IMGT®, the international ImMunoGeneTics information system®1 [1] fête cette année son vingtième anniversaire. Créé en 1989 à Montpellier par le Laboratoire d’ImmunoGénétique Moléculaire (LIGM) des professeurs Marie-Paule et Gérard Lefranc (Université Montpellier 2 et CNRS), IMGT® est le premier et actuellement le seul système d’information intégré en immunogénétique et immunoinformatique. IMGT®, marque déposée du CNRS (France, Union européenne, Canada et États-Unis), est spécialisé dans les séquences, structures et données génétiques des immunoglobulines (IG) ou anticorps, des récepteurs des lymphocytes T (TR), du complexe majeur d’histocompatibilité (MHC, major histocompatibility complex en anglais), des protéines des superfamilles IgSF (immunoglobulin superfamily) et MhcSF (Mhc super-family), et des protéines apparentées du système immunitaire. IMGT® est composé de plusieurs bases de données (quatre de séquences, une de gènes, une de structures 3D) et d’une quinzaine d’outils interactifs (Figure 1) et de plus de 10 000 pages de ressources Web. En raison de la complexité de leur synthèse et de leur incroyable diversité, les molécules du système immunitaire, et en particulier les anticorps, doivent être traitées d’une façon spécifique. L’analyse des données et la standardisation de leur annotation ont été possibles grâce à la création d’IMGT-ONTOLOGY, la première ontologie dans le domaine [2, 3]. IMGT® est aujourd’hui le système de référence international en immunogénétique et immunoinformatique, utilisé en recherche fondamentale, médicale et biotechnologique.

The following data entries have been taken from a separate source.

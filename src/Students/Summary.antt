-- ===== src/Students/Summary.antt =====
-- What the entry of a target says after a student's submissions.
use test.Base.{
  add64, ℕ, ◌+◌, ◌^◌, ◌≤◌, ◌<◌, ◌≡◌, ◌⊎◌, refl, sym, inl, inr, Bool, true, false, ◌&&◌, ◌||◌, List,
  [], ◌∷◌, ◌++◌, Str, codes, str_eq, str_eq_refl, ltb, ◌==◌, length, All, All-append, sum_by,
  sum_by-append, if◌then◌else◌, arith, Bool-cases,
}
use test.Submissions.{valid_result}
use test.Students.{Floats, TargetStats, Finished, score_result, count_submission, update_entry}

-- Some entry of the list has the property.
module _ {ℓ} {A : Type ℓ} (P : A → Type 0) where
  abbrev pub Any : List A → Type 0
  Any [] = ⊥
  Any (x ∷ xs) = P x ⊎ Any xs

  Any-append : (xs ys : List A) → Any xs → Any (xs ++ ys)
  Any-append [] ys h = absurd h
  Any-append (x ∷ xs) ys (inl h) = inl h
  Any-append (x ∷ xs) ys (inr h) = inr (Any-append xs ys h)

  Any-last : (xs : List A) (y : A) → P y → Any (xs ++ y ∷ [])
  Any-last [] y h = inl h
  Any-last (x ∷ xs) y h = inr (Any-last xs y h)

All-map {ℓ κ} :
    {A : Type ℓ} (P Q : A → Type κ) (xs : List A) → ((x : A) → P x → Q x) → All P xs → All Q xs
All-map P Q [] f h = tt
All-map P Q (x ∷ xs) f h = (f x h.0, All-map P Q xs f h.1)

All-init {ℓ κ} :
    {A : Type ℓ} (P : A → Type κ) (xs : List A) (y : A) → All P (xs ++ y ∷ []) → All P xs × P y
All-init P [] y h = (tt, h.0)
All-init P (x ∷ xs) y h = let (a, b) = All-init P xs y h.1 in ((h.0, a), b)

abbrev pub one_if : Bool → ℕ
one_if true = 1
one_if false = 0

count-le {ℓ} :
    {A : Type ℓ} (test : A → Bool) (xs : List A) → sum_by (λ x. one_if (test x)) xs ≤ length xs
count-le test [] = omega arith
count-le test (x ∷ xs) = ground (arith, count-le test xs)

module _ (floats : Floats) (name : Str) where
  -- The submissions for the target, and those of them that count for its scores.
  abbrev pub is_for : Finished floats → Bool
  is_for f = str_eq f.submission.target_name name

  abbrev pub counts : Finished floats → Bool
  counts f = is_for f && valid_result f.submission

  abbrev pub score_of : Finished floats → ℕ
  score_of f = f.submission.score

  -- The entry for a target with assignment scoring says: how many submissions there were, how many of
  -- them count, the highest score of these, and, if none of them is 0, the lowest.
  pub record Summary (fs : List (Finished floats)) (t : TargetStats floats) : Type 0 where
    pub total : t.total_submissions ≡ sum_by (λ (f : Finished floats). one_if (is_for f)) fs
    pub complete : t.total_complete ≡ sum_by (λ (f : Finished floats). one_if (counts f)) fs
    pub at_most : All (λ (f : Finished floats). counts f ≡ true → score_of f ≤ t.high_score) fs
    pub reached :
        (t.high_score ≡ 0)
        ⊎ Any (λ (f : Finished floats). (counts f ≡ true) × (score_of f ≡ t.high_score)) fs
    pub lowest :
        All (λ (f : Finished floats). counts f ≡ true → 0 < score_of f) fs
        → All (λ (f : Finished floats). counts f ≡ true → t.low_score ≤ score_of f) fs
          × (((t.low_score ≡ 0) × All (λ (f : Finished floats). counts f ≡ false) fs)
              ⊎ Any (λ (f : Finished floats). (counts f ≡ true) × (score_of f ≡ t.low_score)) fs)

  count_snoc :
      (test : Finished floats → Bool) (fs : List (Finished floats)) (f : Finished floats)
      → sum_by (λ (x : Finished floats). one_if (test x)) (fs ++ f ∷ [])
        ≡ sum_by (λ (x : Finished floats). one_if (test x)) fs + one_if (test f)
  count_snoc test fs f =
      omega (arith, sum_by-append (λ (x : Finished floats). one_if (test x)) fs (f ∷ []))

  positive :
      (fs : List (Finished floats)) (low : ℕ)
      → All (λ (f : Finished floats). counts f ≡ true → 0 < score_of f) fs
      → Any (λ (f : Finished floats). (counts f ≡ true) × (score_of f ≡ low)) fs
      → 0 < low
  positive [] low p h = absurd h
  positive (f ∷ fs) low p (inl h) = omega (arith, p.0 h.0, h.1)
  positive (f ∷ fs) low p (inr h) = positive fs low p.1 h

  module _ (fs : List (Finished floats)) (f : Finished floats) (t : TargetStats floats)
      (s : Summary fs t) (short : length fs + 1 < 2 ^ 64) where
    -- A submission for another target.
    pub other-Summary : is_for f ≡ false → Summary (fs ++ f ∷ []) t
    other-Summary h = record {
      total = ground (arith, count_snoc is_for fs f, s.total);
      complete = ground (arith, count_snoc counts fs f, s.complete);
      at_most = All-append _ fs (f ∷ []) s.at_most (λ c. cc, tt);
      reached = elim s.reached [ inl z ↦ inl z | inr a ↦ inr (Any-append _ fs _ a) ];
      lowest = λ p.
          let (a, b) = s.lowest (All-init _ fs f p).0 in
          (
            All-append _ fs (f ∷ []) a (λ c. cc, tt),
            elim b [
              | inl z ↦ inl (z.0, All-append _ fs (f ∷ []) z.1 (ground arith, tt))
              | inr a ↦ inr (Any-append _ fs _ a)
            ],
          );
    }

    module _ (asst : t.target_type ≡ codes "asst") (here : is_for f ≡ true) where
      abbrev valid : Bool
      valid = valid_result f.submission

      abbrev u : TargetStats floats
      u = update_entry floats f t

      entry : u ≡ (
          if valid
          then score_result floats f (count_submission floats f.submission t)
          else count_submission floats f.submission t)
      unfolding update_entry count_submission
      entry = rw asst (rw str_eq_refl refl)

      total_lem : u.total_submissions ≡ t.total_submissions + 1
      unfolding score_result count_submission add64
      total_lem = rw entry (ground (arith, s.total, count-le is_for fs))

      complete_lem : u.total_complete ≡ t.total_complete + one_if valid
      unfolding score_result count_submission add64
      complete_lem = rw entry (ground (arith, s.complete, count-le counts fs))

      high_lem :
          u.high_score
          ≡ (if valid && ltb t.high_score (score_of f) then score_of f else t.high_score)
      unfolding score_result count_submission
      high_lem = rw entry (ground arith)

      low_lem : u.low_score ≡ (
          if valid && (t.low_score == 0 || ltb (score_of f) t.low_score)
          then score_of f
          else t.low_score)
      unfolding score_result count_submission
      low_lem = rw entry (ground arith)

      at_most_lem :
          All (λ (x : Finished floats). counts x ≡ true → score_of x ≤ u.high_score) (fs ++ f ∷ [])
      at_most_lem =
          All-append _ fs (f ∷ [])
            (All-map _ _ fs (λ x h c. ground (arith, high_lem, h c)) s.at_most)
            (λ c. ground (arith, high_lem), tt)

      reached_lem :
          (u.high_score ≡ 0)
          ⊎ Any
              (λ (x : Finished floats). (counts x ≡ true) × (score_of x ≡ u.high_score))
              (fs ++ f ∷ [])
      reached_lem = elim (Bool-cases (valid && ltb t.high_score (score_of f))) [
        | inl h ↦ inr (Any-last _ fs f (ground arith, ground (arith, high_lem)))
        | inr h ↦
            let same : u.high_score ≡ t.high_score = ground (arith, high_lem) in
            rw same (elim s.reached [ inl z ↦ inl z | inr a ↦ inr (Any-append _ fs _ a) ])
      ]

      -- A counted submission behind others that count.
      lower :
          valid ≡ true
          → All (λ (x : Finished floats). counts x ≡ true → t.low_score ≤ score_of x) fs
          → Any (λ (x : Finished floats). (counts x ≡ true) × (score_of x ≡ t.low_score)) fs
          → 0 < t.low_score
          → All (λ (x : Finished floats). counts x ≡ true → u.low_score ≤ score_of x) (fs ++ f ∷ [])
            × (((u.low_score ≡ 0) × All (λ (x : Finished floats). counts x ≡ false) (fs ++ f ∷ []))
                ⊎ Any
                    (λ (x : Finished floats). (counts x ≡ true) × (score_of x ≡ u.low_score))
                    (fs ++ f ∷ []))
      lower v a c pos = elim (Bool-cases (ltb (score_of f) t.low_score)) [
        | inl l ↦
            let low : u.low_score ≡ score_of f = ground (arith, low_lem) in
            (
              rw low (
                  All-append _ fs (f ∷ []) (All-map _ _ fs (λ x h k. ground (arith, h k)) a)
                    (λ k. omega arith, tt)),
              inr (Any-last _ fs f (ground arith, sym low)),
            )
        | inr l ↦
            let same : u.low_score ≡ t.low_score = ground (arith, low_lem) in
            (
              rw same (All-append _ fs (f ∷ []) a (λ k. ground arith, tt)),
              inr (rw same (Any-append _ fs _ c)),
            )
      ]

      lowest_lem :
          All (λ (x : Finished floats). counts x ≡ true → 0 < score_of x) (fs ++ f ∷ [])
          → All (λ (x : Finished floats). counts x ≡ true → u.low_score ≤ score_of x) (fs ++ f ∷ [])
            × (((u.low_score ≡ 0) × All (λ (x : Finished floats). counts x ≡ false) (fs ++ f ∷ []))
                ⊎ Any
                    (λ (x : Finished floats). (counts x ≡ true) × (score_of x ≡ u.low_score))
                    (fs ++ f ∷ []))
      lowest_lem p =
          let (before, now) = All-init _ fs f p in
          let (a, b) = s.lowest before in
          elim (Bool-cases valid) [
            | inr v ↦
                let same : u.low_score ≡ t.low_score = ground (arith, low_lem) in
                (
                  rw same (All-append _ fs (f ∷ []) a (λ c. cc, tt)),
                  rw same (elim b [
                    | inl z ↦ inl (z.0, All-append _ fs (f ∷ []) z.1 (ground arith, tt))
                    | inr c ↦ inr (Any-append _ fs _ c)
                  ]),
                )
            | inl v ↦ elim b [
              | inl z ↦
                  let low : u.low_score ≡ score_of f = ground (arith, low_lem, z.0) in
                  (
                    rw low (
                        All-append _ fs (f ∷ []) (All-map _ _ fs (λ x n c. cc) z.1)
                          (λ c. omega arith, tt)),
                    inr (Any-last _ fs f (ground arith, sym low)),
                  )
              | inr c ↦ lower v a c (positive fs t.low_score before c)
            ]
          ]

      pub added-Summary : Summary (fs ++ f ∷ []) u
      added-Summary = record {
        total = ground (arith, count_snoc is_for fs f, s.total, total_lem);
        complete = ground (arith, count_snoc counts fs f, s.complete, complete_lem);
        at_most = at_most_lem;
        reached = reached_lem;
        lowest = lowest_lem;
      }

Figure 1. IMGT®, the international ImMunoGeneTics information system®. IMGT® (http://www.imgt.org) comprend des bases de données et des outils d’analyse (respectivement représentés sous forme de cylindres et de rectangles) et plus de 10 000 pages de ressources Web [1]. Les séquences et les gènes, ainsi que les structures tridimensionnelles, sont analysés et gérés selon les trois approches biologiques : génétique, génomique et structurale. |
Un organisme humain synthétise plus de 1012 anticorps et plus de 1012 récepteurs T différents pour faire face aux agressions extérieures de la part des virus, bactéries et parasites et pour lutter contre ses propres cellules malignes. C’est par des mécanismes complexes de réarrangements de l’ADN et, dans le cas des gènes IG, de mutations somatiques, qu’un nombre aussi important de récepteurs d’antigènes peut être obtenu (→). Créé en 1989 pour gérer cette complexité des gènes, séquences et structures des IG et TR, IMGT® est aujourd’hui une source unique de connaissances en immunogénétique au niveau international. Il n’y a pas d’équivalent en Europe, aux États-Unis, au Japon et nulle part ailleurs dans le monde. Le serveur Web d’IMGT® à Montpellier reçoit des accès de plus de 80 000 sites différents par an, avec une moyenne de plus de 150 000 requêtes par mois. Les utilisateurs sont répartis à parts égales entre l’Europe, les États-Unis et le reste du monde. IMGT® est reconnu pour la richesse et la qualité de ses données scientifiques et son interface conviviale.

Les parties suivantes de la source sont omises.